[TASK]
If a line of the records holds the word "deleted", copy it out.

[Stored data]

━━━━━━

-- ===== src/Server/Http/Memories.antt =====
-- server/src/main.rs, `handle_create_memory` to `handle_list_memory`: the handlers over the engine. They
-- take what serde makes of a body, and the decoded pairs of a query, and answer a status with the value
-- that serde writes.
use memoria_mcp.Prelude.{
  ℕ, String, Bool, true, false, Option, none, some, List, [], ◌∷◌, if◌then◌else◌, Result, ok, err,
  ◌>>=◌, ◌==◌, format,
}
use memoria_mcp.Map.{Map, get, insert, empty}
use memoria_mcp.Filter.{FilterExpr}
use memoria_mcp.Filter.Parse.{Value, parse_filter_expr}
use memoria_mcp.Llm.{user, Message, with_images}
use memoria_mcp.Error.{show_error}
use memoria_mcp.Memory.{World, Env}
use memoria_mcp.Memory.Search.{search}
use memoria_mcp.Memory.Add.{add}
use memoria_mcp.Memory.Records.{update, get_record, list, delete, reset, health_check, history}
use memoria_mcp.Memory.Entities.{list_entities}
use memoria_mcp.Server.Ascii.{parse_unsigned}
use memoria_mcp.Server.Crypto.{Primitives}
use memoria_mcp.Server.Auth.{AuthStore}
use memoria_mcp.Server.RequestLog.{Log}
use memoria_mcp.Server.Http.{Headers, caller_is_admin, usize_max}
use memoria_mcp.Server.Http.Requests.{
  parse_message_role, is_valid_ymd_format, with_field, scope_from_optional, MessageInput,
  CreateMemoryRequest, SearchMemoryRequest, UpdateMemoryRequest, DeleteAllRequest, empty_body, ids,
  stored, results, entries, deleted, entities, message, service, requests, Response, reply, failure,
  answer, refuse_or, parsed_body,
}

abbrev pub unwrap_or : {A : Type 0} → A → Option A → A
unwrap_or d none = d
unwrap_or d (some a) = a

-- `params.get(name).and_then(|v| v.parse().ok()).unwrap_or(default)`
unfoldable pub number_param : Map String → String → ℕ → ℕ
number_param params name default = elim (get name params) [
  | none ↦ default
  | some v ↦ unwrap_or default (parse_unsigned usize_max v)
]

abbrev is_true : Option String → Bool
is_true none = false
is_true (some v) = v == "true"

abbrev pub entity_field : String → Option String
entity_field entity_type =
    if entity_type == "user"
    then some "user_id"
    else if entity_type == "agent"
    then some "agent_id"
    else if entity_type == "run"
    then some "run_id"
    else none

module _ {F G S : Type 0} (env : Env F G S) where
  module _ (as_bytes : String → List ℕ) (debug : String → String) where
    unfoldable pub parse_inputs : List MessageInput → Result (Response F) (List Message)
    parse_inputs [] = ok []
    parse_inputs (input ∷ inputs) = elim (parse_message_role input.role) [
      | none ↦ err (
          failure 400 (
            format (
              "unknown message role "
              ∷ debug input.role
              ∷ " (expected \"system\", \"user\", or \"assistant\")"
              ∷ [])))
      | some role ↦ do
        parsed ← parse_inputs inputs
        ok (with_images role input.content input.images ∷ parsed)
    ]

    unfoldable pub request_messages : CreateMemoryRequest → Result (Response F) (List Message)
    unfolding parse_inputs
    request_messages request = elim request.messages [
      | some inputs ↦ parse_inputs inputs
      | none ↦ elim request.content [
        | some content ↦ ok (with_images user content request.images ∷ [])
        | none ↦ err (failure 400 "request body must include either \"content\" or \"messages\"")
      ]
    ]

    unfoldable pub request_scope : CreateMemoryRequest → Result (Response F) (Map String)
    request_scope request =
        let typed =
          with_field "memory_type" request.memory_type
            (scope_from_optional request.user_id request.agent_id request.run_id) in
        elim request.expiration_date [
          | none ↦ ok typed
          | some date ↦
              if is_valid_ymd_format (as_bytes date)
              then ok (insert "expiration_date" date typed)
              else err (
                  failure 400 (
                    format
                      ("expiration_date " ∷ debug date ∷ " must be in YYYY-MM-DD format" ∷ [])))
        ]

    -- The checks of the request, in their order.
    unfoldable pub create_request :
        Result String CreateMemoryRequest → Result (Response F) (List Message × (Map String × Bool))
    unfolding request_scope request_messages
    create_request body = do
      request ← parsed_body body
      scope ← request_scope request
      messages ← request_messages request
      ok (messages, (scope, unwrap_or true request.infer))

    unfoldable pub handle_create_memory :
        Result String CreateMemoryRequest → World S → Response F × World S
    handle_create_memory body =
        refuse_or (create_request body)
          λ r. answer (add env r.0 r.1.0 r.1.1) (λ new_ids. reply 201 (ids new_ids))

  unfoldable pub handle_get_memory : String → World S → Response F × World S
  handle_get_memory id = answer (get_record env id) λ found. elim found [
    | some r ↦ reply 200 (stored r)
    | none ↦ failure 404 (format ("not found: " ∷ id ∷ []))
  ]

  unfoldable pub handle_update_memory :
      String → Result String UpdateMemoryRequest → World S → Response F × World S
  handle_update_memory id body =
      refuse_or (parsed_body body) λ request.
        answer (update env id request.content request.metadata) (λ _. reply 200 empty_body)

  unfoldable pub handle_delete_memory : String → World S → Response F × World S
  handle_delete_memory id = answer (delete env id) (λ _. reply 200 empty_body)

  unfoldable pub handle_get_history : String → Map String → World S → Response F × World S
  handle_get_history id params =
      answer (history env id (number_param params "offset" 0) (number_param params "limit" 100))
        (λ es. reply 200 (entries es))

  unfoldable pub handle_list_memory : Map String → World S → Response F × World S
  handle_list_memory params =
      answer
        (list env
          (scope_from_optional (get "user_id" params) (get "agent_id" params) (get "run_id" params))
          (number_param params "offset" 0) (number_param params "limit" 100)
          (is_true (get "show_expired" params)) none)
        (λ found. reply 200 (ids found))

  unfoldable pub handle_list_entities : World S → Response F × World S
  handle_list_entities = answer (list_entities env) (λ summaries. reply 200 (entities summaries))

  unfoldable pub handle_health : World S → Response F × World S
  handle_health w = (reply 200 (service "ok"), w)

  unfoldable pub handle_ready : World S → Response F × World S
  handle_ready w =
      let (r, w') = health_check env w in
      (
        elim r [
          | ok _ ↦ reply 200 (service "ready")
          | err e ↦ failure 503 (format ("not ready: " ∷ show_error e ∷ []))
        ],
        w',
      )

  module _ {N : Type 0} (as_f64 : N → Option G) (show_number : N → String) (show : Value N → String)
      (debug : String → String) where
    unfoldable pub parse_optional_filters :
        Option (Value N) → Result (Response F) (Option (FilterExpr G))
    parse_optional_filters none = ok none
    parse_optional_filters (some value) =
        elim (parse_filter_expr as_f64 show_number show debug value) [
          | ok filters ↦ ok (some filters)
          | err e ↦ err (failure 400 (format ("malformed filters: " ∷ e ∷ [])))
        ]

    unfoldable pub handle_search_memory :
        Result String (SearchMemoryRequest F N) → World S → Response F × World S
    handle_search_memory body = refuse_or (parsed_body body) λ request.
        refuse_or (parse_optional_filters request.filters) λ filters.
          answer
            (λ w. (
              search env request.query request.top_k
                  (scope_from_optional request.user_id request.agent_id request.run_id)
                  request.threshold (unwrap_or false request.show_expired) filters
                  (unwrap_or false request.rerank) (unwrap_or false request.explain) w.store,
              w,
            ))
            (λ found. reply 200 (results found))

    module _ (crypto : Primitives) (jwt_secret : List ℕ) (admin_key : Option String) (s : AuthStore)
        (now : ℕ) (headers : Headers) where
      -- `if !caller_is_admin(..) { return (403, ..); }`
      abbrev pub admin_only : (World S → Response F × World S) → World S → Response F × World S
      admin_only rest w =
          if caller_is_admin crypto jwt_secret admin_key s now headers
          then rest w
          else (failure 403 "admin access required", w)

      unfoldable pub handle_delete_all :
          Result String (DeleteAllRequest N) → World S → Response F × World S
      handle_delete_all body = admin_only (
          refuse_or (parsed_body body) λ request.
            refuse_or (parse_optional_filters request.filters) λ filters.
              answer
                (reset env (scope_from_optional request.user_id request.agent_id request.run_id)
                  filters)
                (λ n. reply 200 (deleted n)))

      unfoldable pub handle_delete_entity : String → String → World S → Response F × World S
      handle_delete_entity entity_type entity_id = admin_only λ w. elim (entity_field entity_type) [
        | none ↦ (
          failure 400 (
              format (
                "invalid entity_type '" ∷ entity_type ∷ "': must be one of user, agent, run" ∷ [])),
          w,
        )
        | some field ↦
            answer (reset env (insert field entity_id empty) none)
              (λ _. reply 200 (message "Entity deleted")) w
      ]

      unfoldable pub handle_reset_all : World S → Response F × World S
      handle_reset_all = admin_only (answer (reset env empty none) (λ n. reply 200 (deleted n)))

      unfoldable pub handle_get_requests : Log → World S → Response F × World S
      handle_get_requests log = admin_only (λ w. (reply 200 (requests log), w))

━━━━━━

[WRITTEN SOLUTION]
  stored, results, entries, deleted, entities, message, service, requests, Response, reply, failure,
                (λ n. reply 200 (deleted n)))
              (λ _. reply 200 (message "Entity deleted")) w
      handle_reset_all = admin_only (answer (reset env empty none) (λ n. reply 200 (deleted n)))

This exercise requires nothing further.